According to a correspondence
[according to A.R. Malakhi—written by Dr. Mordekhai
Erenpreyz or from the chief rabbi of South Africa, Dr.
Yehuda Leyb Lando] at the end of the eighties, from [ ]
the play Samson the Hero was staged in the
Lemberg Yiddish Theatre. In the correspondence, which
was dedicated autographed inscribed the visit of Avraham
Goldfaden to Lemberg, there was sharp criticism of the
play:
“… in general, the
jargonized theater—which has had success for the last
three years in our town—very often manages to teach the
masses and to awaken the nationalist spirit, [like our
governesses?], when the directors, the actors, and the
singers understand their task, and should there be a
periodical that will criticize them and prove their
foolishness; should such a newspaper exist in this case,
it should not cease to cry, that besides jesters and
vulgar, tasty songs there is an audience for vital,
indispensable dramas, that would show them the way to
go, that would describe their lives in the past and the
present, that would teach and educate them. So, is it
not essential for a folk-poet and a writer to go to the
theatre, if he should also be a scholar of antiquity and
write Samson the Hero after the latest
archeological research, and in this play he should bring
together, through a broker, two souls who have not met
before (that is also after new research from Shmuel
Filib’s university). Only he must first be a poet to
everyone, he must.

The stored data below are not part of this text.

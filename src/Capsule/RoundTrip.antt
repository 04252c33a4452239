-- ===== src/Capsule/RoundTrip.antt =====
-- Decoding the capsules that `encode_into` wrote.
use skimasque.Prelude.{ℕ, ◌+◌, ◌≤◌, List, ◌++◌, length, take, drop, ◌≡◌, ◌∙◌, sym, refl, arith}
use skimasque.Prelude.{some, ok, append_assoc, length-append}
use skimasque.Prelude.{drop-drop, drop-append_self, take-append_self}
use skimasque.Prelude.Bytes.{BytesCrate}
use skimasque.Varint
use skimasque.Varint.Encode.{length-wire}
use skimasque.Varint.RoundTrip.{decode_slice-wire}
use skimasque.Capsule.{Capsule, CapsuleDecoder, next_capsule}
use skimasque.Capsule.Encode.{IsEncodable, header, wire}
use skimasque.Capsule.Header.{Header}
use skimasque.Capsule.Decode.{next_capsule_cuts}

header_len : ℕ → ℕ → ℕ
header_len kind n = Varint.encoded_len kind + Varint.encoded_len n

module _ (kind n : ℕ) (tail : List ℕ) where
  sent : List ℕ
  sent = Varint.Encode.wire kind ++ (Varint.Encode.wire n ++ tail)

  behind_type : drop (Varint.encoded_len kind) sent ≡ Varint.Encode.wire n ++ tail
  unfolding sent
  behind_type = rw (← length-wire kind) (drop-append_self (Varint.Encode.wire kind) _)

  behind_header : drop (header_len kind n) sent ≡ tail
  unfolding header_len
  behind_header =
      sym (drop-drop (Varint.encoded_len kind) (Varint.encoded_len n) sent)
      ∙ rw behind_type (rw (← length-wire n) (drop-append_self (Varint.Encode.wire n) tail))

  Header-sent : kind ≤ Varint.max → n ≤ Varint.max → Header sent kind n (header_len kind n)
  unfolding sent header_len
  Header-sent hk hn = record {
    type_len = Varint.encoded_len kind;
    len_len = Varint.encoded_len n;
    type_read = decode_slice-wire kind (Varint.Encode.wire n ++ tail) hk;
    len_read = rw behind_type (decode_slice-wire n tail hn);
    total = refl;
  }

module _ ⦃b : BytesCrate⦄ where
  -- For a capsule whose type and length are varints and whose value is within the decoder's limit:
  -- with the capsule's encoding at the head of the buffer, `next_capsule` returns the capsule, and
  -- what followed the encoding is what stays in the buffer.
  pub next_capsule-wire :
      (c : Capsule) (rest : List ℕ) (limit : ℕ)
      → IsEncodable c
      → length c.value ≤ limit
      → next_capsule (record { buf = wire c ++ rest; max_value_len = limit })
        ≡ (ok (some c), record { buf = rest; max_value_len = limit })
  unfolding wire header sent header_len
  next_capsule-wire c rest limit h fits =
      let n : ℕ = length c.value in
      let k : List ℕ = Varint.Encode.wire c.kind in
      let l : List ℕ = Varint.Encode.wire n in
      let tail : List ℕ = c.value ++ rest in
      let regroup : ((k ++ l) ++ c.value) ++ rest ≡ sent c.kind n tail =
        rw (append_assoc (k ++ l) c.value rest) (append_assoc k l (c.value ++ rest)) in
      let d : CapsuleDecoder = record { buf = sent c.kind n tail; max_value_len = limit } in
      let behind : drop (header_len c.kind n) (sent c.kind n tail) ≡ tail =
        behind_header c.kind n tail in
      let value : take n (drop (header_len c.kind n) (sent c.kind n tail)) ≡ c.value =
        rw behind (take-append_self c.value rest) in
      let left : drop (header_len c.kind n + n) (sent c.kind n tail) ≡ rest =
        sym (drop-drop (header_len c.kind n) n (sent c.kind n tail))
        ∙ rw behind (drop-append_self c.value rest) in
      rw regroup (
        next_capsule_cuts d (Header-sent c.kind n tail h.kind_fits h.value_fits) fits (
          omega (
            arith,
            length-append k (l ++ tail),
            length-append l tail,
            length-append c.value rest,
            length-wire c.kind,
            length-wire n,
          ))
        ∙ ground (arith, value, left))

The people can discern his
development, his desires, and the knowledge that he
lacks.”
A.R. Malakhi remarks
further:
Filib, who presents himself
as a playwright, is possibly Shmuel Moshe Filib, who
took part in the founding of the annual Treasury of
Literature, which Shaltiel Yitshak Graber began in
1887, and is the writer of House of Freedom, an
edition of Yehuda HaLevi’s poems.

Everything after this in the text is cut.